The first and most critical thing to know is that there is not an algorithm that “reads” the student essays. Instead, you need to train an algorithm. That is, if you are a teacher and don’t want to grade your essays, you can’t just throw them in an essay scoring system. You have to actually grade the essays (or at least a large sample of them) and then use that data to fit a machine learning algorithm. Data scientists use the term train the model , which sounds complicated, but if you have ever done simple linear regression, you have experience with training models.
There are three steps for automated essay scoring:
- Establish your data set. Begin by gathering a substantial collection of student essays, ensuring a diverse range of topics and writing styles. Each essay should be meticulously graded by human experts to create a reliable and accurate benchmark. This data set forms the foundation of your automated scoring system, providing the necessary examples for the machine learning model to learn from.
- Determine the features. Identify the key features that will serve as predictor variables in your model. These features might include grammar, syntax, vocabulary usage, coherence, structure, and argument strength. Carefully selecting these attributes is crucial as they directly impact the model’s ability to assess essays accurately. The goal is to choose features that are indicative of overall writing quality and are relevant to the scoring criteria.
- Train the machine learning model. Use the established data set and selected features to train your machine learning model. This involves feeding the graded essays into the model, allowing it to learn the relationship between the features and the assigned grades. Through iterative training and validation processes, the model adjusts its algorithms to improve accuracy. Continuous refinement and testing ensure that the model can reliably score new, unseen essays with a high degree of precision.
Here’s an extremely oversimplified example:
- You have a set of 100 student essays, which you have scored on a scale of 0 to 5 points.
- The essay is on Napoleon Bonaparte, and you want students to know certain facts, so you want to give them “credit” in the model if they use words like: Corsica, Consul, Josephine, Emperor, Waterloo, Austerlitz, St. Helena. You might also add other Features such as Word Count, number of grammar errors, number of spelling errors, etc.
- You create a map of which students used each of these words, as 0/1 indicator variables. You can then fit a multiple regression with 7 predictor variables (did they use each of the 7 words) and the 5 point scale as your criterion variable. You can then use this model to predict each student’s score from just their essay text.
Obviously, this example is too simple to be of use, but the same general idea is done with massive, complex studies. The establishment of the core features (predictive variables) can be much more complex, and models are going to be much more complex than multiple regression (neural networks, random forests, support vector machines).
Here’s an example of the very start of a data matrix for features, from an actual student essay.
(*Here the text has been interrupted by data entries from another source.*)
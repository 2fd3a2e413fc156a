-- ===== src/Bench/Races.antt =====
-- Runs of the trials by evaluation (bench/bench_main.cpp).
use lock_free_mpmc_queue.Base.{
  ℕ, zero, suc, ◌+◌, ◌<◌, ◌≡◌, refl, List, [], ◌∷◌, ◌++◌, length, sum_below, arith,
}
use native.Mathlib.Decide.{dec_lt}
use lock_free_mpmc_queue.Bench.Suite.{Trial, pairs, pc}
use lock_free_mpmc_queue.Bench.Trials.{
  TrialState, finished, nthreads, ops_total, round_step, TrialReach, start, later,
}
use lock_free_mpmc_queue.Bench.Trials.Drained.{
  enq_samples, deq_samples, left_over, samples-ops_total, pairs_never_retry,
}

record TrialRun (k : Trial) : Type 0 where
  last : TrialState
  reach : TrialReach k last

-- The worker takes a step, and the clock says 9.
turn : (k : Trial) → TrialRun k → ℕ → TrialRun k
unfolding dec_lt
turn k r t = elim (dec_lt t (nthreads k)) [
  | yes lt ↦ record { last = _; reach = later r.reach t 9 lt }
  | no _ ↦ r
]

turns : (k : Trial) → TrialRun k → List ℕ → TrialRun k
turns k r [] = r
turns k r (t ∷ ts) = turns k (turn k r t) ts

race : (k : Trial) → List ℕ → TrialRun k
unfolding turns turn round_step
race k = turns k (record { last = _; reach = start })

abbrev many : ℕ → ℕ → List ℕ
many zero t = []
many (suc n) t = t ∷ many n t

-- One producer and two consumers of one value: consumer 1 looks while the queue is empty.
abbrev handover : TrialRun (pc 1 2 1)
handover = race (pc 1 2 1) (many 4 1 ++ many 4 0 ++ many 6 1 ++ many 3 1 ++ many 3 2)

all_done : (t : ℕ) → t < 3 → (handover.last.worker t).at ≡ finished
unfolding race
all_done zero lt = refl
all_done (suc zero) lt = refl
all_done (suc (suc zero)) lt = refl
all_done (suc (suc (suc t))) lt = absurd (omega arith)

samples-ops_total_example :
    (sum_below enq_samples handover.last.worker 3 + sum_below deq_samples handover.last.worker 3
      ≡ ops_total (pc 1 2 1))
    × (length handover.last.common.queue ≡ left_over (pc 1 2 1))
samples-ops_total_example = samples-ops_total (pc 1 2 1) (omega arith) handover.reach all_done

-- Both workers have put a value in the queue.
abbrev in_pairs : TrialRun (pairs 2 5)
in_pairs = race (pairs 2 5) (many 3 0 ++ many 3 1)

pairs_never_retry_example : 0 < length in_pairs.last.common.queue
unfolding race
pairs_never_retry_example =
    pairs_never_retry 2 5 (omega arith) in_pairs.reach 1 0 9 (omega arith) refl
Imagine that you also have data on the final scores, 0 to 5 points. You can see how this is then a regression situation.
How do you score the essay?
If they are on paper, then automated essay scoring won’t work unless you have an extremely good software for character recognition that converts it to a digital database of text. Most likely, you have delivered the exam as an online assessment and already have the database. If so, your platform should include functionality to manage the scoring process, including multiple custom rubrics. An example of our FastTest platform is provided below.
Some rubrics you might use:
- Supporting arguments
- Organization
- Vocabulary / word choice
How do you pick the Features?
This is one of the key research problems. In some cases, it might be something similar to the Napoleon example. Suppose you had a complex item on Accounting, where examinees review reports and spreadsheets and need to summarize a few key points. You might pull out a few key terms as features (mortgage amortization) or numbers (2.375%) and consider them to be Features. I saw a presentation at Innovations In Testing 2022 that did exactly this. Think of them as where you are giving the students “points” for using those keywords, though because you are using complex machine learning models, it is not simply giving them a single unit point. It’s contributing towards a regression-like model with a positive slope.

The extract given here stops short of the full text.